*REQUIREMENT*
Transcribe the stretch of entries below from the line with "-- ===== src/Receipt/RoundTrip.antt" through the line with "-- ===== src/Tests.antt", exactly and with both ends included; leave out all other lines.

── TASK DATA ──

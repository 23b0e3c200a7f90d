-- ===== src/Receipt/RoundTrip.antt =====
-- A receipt that was issued is loaded and validated against the state that it was issued for.
use Prim.Native.String.{count}
use mini_code_agent_langgrap.Prelude.{
  ℕ, ◌≡◌, refl, Bool, true, false, List, [], ◌∷◌, some, String, ok, eq_refl,
}
use mini_code_agent_langgrap.Prelude.Json.{
  str, bool, obj, Items, Fields, get_default, equals_bool, equals_items, strs,
}
use mini_code_agent_langgrap.Prelude.JsonEquality.{json_eq}
use mini_code_agent_langgrap.Prelude.Library.{Library}
use mini_code_agent_langgrap.Manifest.{Manifest}
use mini_code_agent_langgrap.Receipt.{
  is_identified, has_sections, receipt_payload, seal, load_existing_key, load_receipt,
  receipt_tests, mismatches, validate_receipt,
}

equals_items-strs : (ts : List String) → equals_items ts (strs ts) ≡ true
equals_items-strs [] = refl
equals_items-strs (t ∷ ts) = rw (eq_refl, equals_items-strs ts)

equals_bool-bool : (b : Bool) → equals_bool b (bool b) ≡ true
equals_bool-bool true = refl
equals_bool-bool false = refl

module _ (lib : Library) (m : Manifest) (trajectory : Fields) (checks : Items)
    (issued_at_ns : ℕ) where
  -- A sealed receipt is loaded back, whole, under the key that sealed it.
  pub load_receipt-seal :
      (key : String)
      → count key ≡ 32
      → let envelope = seal lib key (receipt_payload lib m trajectory checks issued_at_ns) in
        load_receipt lib (some (obj envelope)) (some key) m.id ≡ ok envelope
  unfolding load_receipt is_identified seal receipt_payload load_existing_key json_eq
  load_receipt-seal key h = simp (eq_refl, h)

  -- The payload issued for a manifest and a trajectory is valid for them, where the verification
  -- status and fingerprint of the trajectory are texts.
  pub validate_receipt-receipt_payload :
      (status fingerprint : String)
      → get_default "verification_status" (str "") trajectory ≡ str status
      → get_default "verified_fingerprint" (str "") trajectory ≡ str fingerprint
      → validate_receipt lib (receipt_payload lib m trajectory checks issued_at_ns) m trajectory
        ≡ ok tt
  unfolding validate_receipt has_sections receipt_tests mismatches receipt_payload json_eq
  validate_receipt-receipt_payload status fingerprint hs hf =
      simp (hs, hf, eq_refl, equals_items-strs, equals_bool-bool)
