-- ===== src/Tests.antt =====
-- The tests of the development: runs of the models, and the theorems at concrete inputs.
pub mod Checks
pub mod Batch
pub mod Transaction
pub mod Receipt
pub mod Memory
pub mod Create
pub mod Undo
pub mod Conversation
pub mod Continuity
pub mod Agent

───

*SOLUTION*
-- ===== src/Receipt/RoundTrip.antt =====
-- A receipt that was issued is loaded and validated against the state that it was issued for.
use Prim.Native.String.{count}
use mini_code_agent_langgrap.Prelude.{
  ℕ, ◌≡◌, refl, Bool, true, false, List, [], ◌∷◌, some, String, ok, eq_refl,
}
use mini_code_agent_langgrap.Prelude.Json.{
  str, bool, obj, Items, Fields, get_default, equals_bool, equals_items, strs,
}
use mini_code_agent_langgrap.Prelude.JsonEquality.{json_eq}
use mini_code_agent_langgrap.Prelude.Library.{Library}
use mini_code_agent_langgrap.Manifest.{Manifest}
use mini_code_agent_langgrap.Receipt.{
  is_identified, has_sections, receipt_payload, seal, load_existing_key, load_receipt,
  receipt_tests, mismatches, validate_receipt,
}

equals_items-strs : (ts : List String) → equals_items ts (strs ts) ≡ true
equals_items-strs [] = refl
equals_items-strs (t ∷ ts) = rw (eq_refl, equals_items-strs ts)

equals_bool-bool : (b : Bool) → equals_bool b (bool b) ≡ true
equals_bool-bool true = refl
equals_bool-bool false = refl

module _ (lib : Library) (m : Manifest) (trajectory : Fields) (checks : Items)
    (issued_at_ns : ℕ) where
  -- A sealed receipt is loaded back, whole, under the key that sealed it.
  pub load_receipt-seal :
      (key : String)
      → count key ≡ 32
      → let envelope = seal lib key (receipt_payload lib m trajectory checks issued_at_ns) in
        load_receipt lib (some (obj envelope)) (some key) m.id ≡ ok envelope
  unfolding load_receipt is_identified seal receipt_payload load_existing_key json_eq
  load_receipt-seal key h = simp (eq_refl, h)

  -- The payload issued for a manifest and a trajectory is valid for them, where the verification
  -- status and fingerprint of the trajectory are texts.
  pub validate_receipt-receipt_payload :
      (status fingerprint : String)
      → get_default "verification_status" (str "") trajectory ≡ str status
      → get_default "verified_fingerprint" (str "") trajectory ≡ str fingerprint
      → validate_receipt lib (receipt_payload lib m trajectory checks issued_at_ns) m trajectory
        ≡ ok tt
  unfolding validate_receipt has_sections receipt_tests mismatches receipt_payload json_eq
  validate_receipt-receipt_payload status fingerprint hs hf =
      simp (hs, hf, eq_refl, equals_items-strs, equals_bool-bool)
-- ===== src/Tests.antt =====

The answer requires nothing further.